# Need opinions on clutches Borg and beck vs Diaphragm



## reallyrusty (Mar 18, 2001)

My K20 had a 3 lever severe duty borg and beck clutch installed before i bought the truck.
It has been nothing but trouble from odd vibrations to constant adjustment problems. 
It has now cracked the bellhousing (fork throw was so far it pivited on bellhousing and cracked).
I want to replace the flywheel (can't be turned anymore)
the clutch assembly, belhousing and fork.


I want to use a diaphragm pressure plate and i'm afraid i'm
missing something. Is there a good reason this borg and beck was installed in the first place.

anybody have simular experiences

thanks


----------



## 2401 (Feb 3, 2001)

Rusty - I'm not speaking from experience here, but it sounds like the clutch in your truck has seen a lot of hard service - aka "abuse". Any info on the history before you bought it, and how long have you had it?

The company truck I drive is a '79 Chev C-30 dually, I'm not sure of the exact weight with all the welding gear on board but I'm positive it's a lot heavier than your K-20. No problems with the diaphragm pressure plate in it. I'm guessing that the Borg & Beck severe duty clutch got installed as a beef-up part at some point in the truck's history. Treated (driven) properly, the diaphragm clutch should work OK for you, especially if you will be starting out with all new components as you describe.

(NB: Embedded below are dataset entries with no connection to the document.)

-- ===== src/Block/Io/Range.antt =====
-- disk_io_range_valid of src/linux_subsystem/block/block.c.
use kobox.Prelude.{arith, is_zero, pos, true, u64_mod, ℕ, ◌%◌, ◌*◌, ◌+◌, ◌<◌, ◌↔◌, ◌≡◌, ◌≤◌}
use kobox.Block.State.{Block, DiskState}
use kobox.Block.Io.{disk_logical_block_size, disk_io_range_valid}

-- The bytes of the request lie on the disk, in whole logical blocks, and no byte offset wraps.
pub record InRange (b : Block) (s : DiskState) (sector : ℕ) (byte_count : ℕ) : Type 0 where
  pub some_bytes : 0 < byte_count
  pub on_disk : sector * 512 + byte_count ≤ s.capacity_sectors * 512
  pub no_wrap : s.capacity_sectors * 512 < u64_mod
  pub start_aligned : (sector * 512) % disk_logical_block_size b s ≡ 0
  pub size_aligned : byte_count % disk_logical_block_size b s ≡ 0

-- disk_io_range_valid returns 0 exactly for a nonempty range that lies within the disk's
-- capacity, with no wrap of a 64-bit byte offset, and starts and ends at multiples of the
-- logical block size of the disk's queue.
pub disk_io_range_valid_iff :
    (b : Block) (s : DiskState) (sector byte_count : ℕ)
    → (disk_io_range_valid b s sector byte_count ≡ pos 0) ↔ InRange b s sector byte_count
unfolding disk_io_range_valid
disk_io_range_valid_iff b s sector byte_count = (λ h. ground arith, λ v. ground arith)

pub InRange-of_zero :
    (b : Block) (s : DiskState) (sector byte_count : ℕ)
    → is_zero (disk_io_range_valid b s sector byte_count) ≡ true
    → InRange b s sector byte_count
unfolding disk_io_range_valid
InRange-of_zero b s sector byte_count h = ground arith

pub disk_logical_block_size_pos : (b : Block) (s : DiskState) → 0 < disk_logical_block_size b s
unfolding disk_logical_block_size
disk_logical_block_size_pos b s = ground arith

If you think you're going to be pounding on your truck pretty hard, you may want to put a severe service clutch back in.


----------



## reallyrusty (Mar 18, 2001)

The truck saw service at a local sheet metal shop for 
many years as utility truck (duraliner was sliced to shreds)
and plow truck. Then it was sold to a guy who used it doing driveway jobs. He had the clutch installed. It was pretty beat when i bought it 3 years ago. So much that the spring shackles were bent (front) and they had chewed the reverse
idler gear in the transmission (sm465).I went thru the truck when i bought it but left the clutch cause it was new.(my pocket was hurting by then)


From my own experience diaphagm plates have worked well for me in the past but this is the first plow i have owned. It's for personal use only and not for hire. and i'm afraid there is something i might be missing.


----------



## 2401 (Feb 3, 2001)

Sounds like "abuse" was the main contributing factor here then! Especially if it was a utility truck that everybody & their cousin drove while it was owned by the sheet metal company. If you drive like a "civilized human being" I don't think you should have any problem with the diaphragm clutch - in my opinion, anyway.

1'st ("low") and reverse aren't synchronized on the 4 speed transmission, so I'm guessing reverse got chewed from trying to force it into gear. 99% of the time I'm the only one who drives our C-30 welding truck, the odd time someone else does and I've yelled and cursed at them a few times when I heard the gears grinding away!

Just wondering how much you've had done to the driveline in the way of repair work. If the clutch & spring shackles were as "beat" as you say, I'm wondering about the diffs, transmission & transfer case. The C-30 was tired when my boss bought it, we recently had the clutch & transmission overhauled. Same thing with the reverse idler gear, and they also ended up putting a new mainshaft in it.

Fix it up right, take good care of it & I think you've got a good plow truck there!


----------



## reallyrusty (Mar 18, 2001)

What i've done so far is
Body:
Cab floor front,supports,rockers
Firewall, Windshield channel,gaskets/seals
new fenders,hood, drivers door, radiator support.
I currently need to do something to the bed.
driveline:
New crankshaft, oil pump and bearings,carb and pump, all new hei parts,radiator, all hoses, heater, transmission,transfercase conversion kit(np203) with seals and chain, rear end axle seals (diff looked pretty good) all u- joints, balljoint, tierod and ends brakes,Springs, shackles,bushings, calipers,lines,(flex and steel) fuel tanks, and Wireing
(After the plow lights burned several times, they just kept running new wires and left the old.)
I plan on keeping it a while and love how it pulls stumps
thanks for you opinion


----------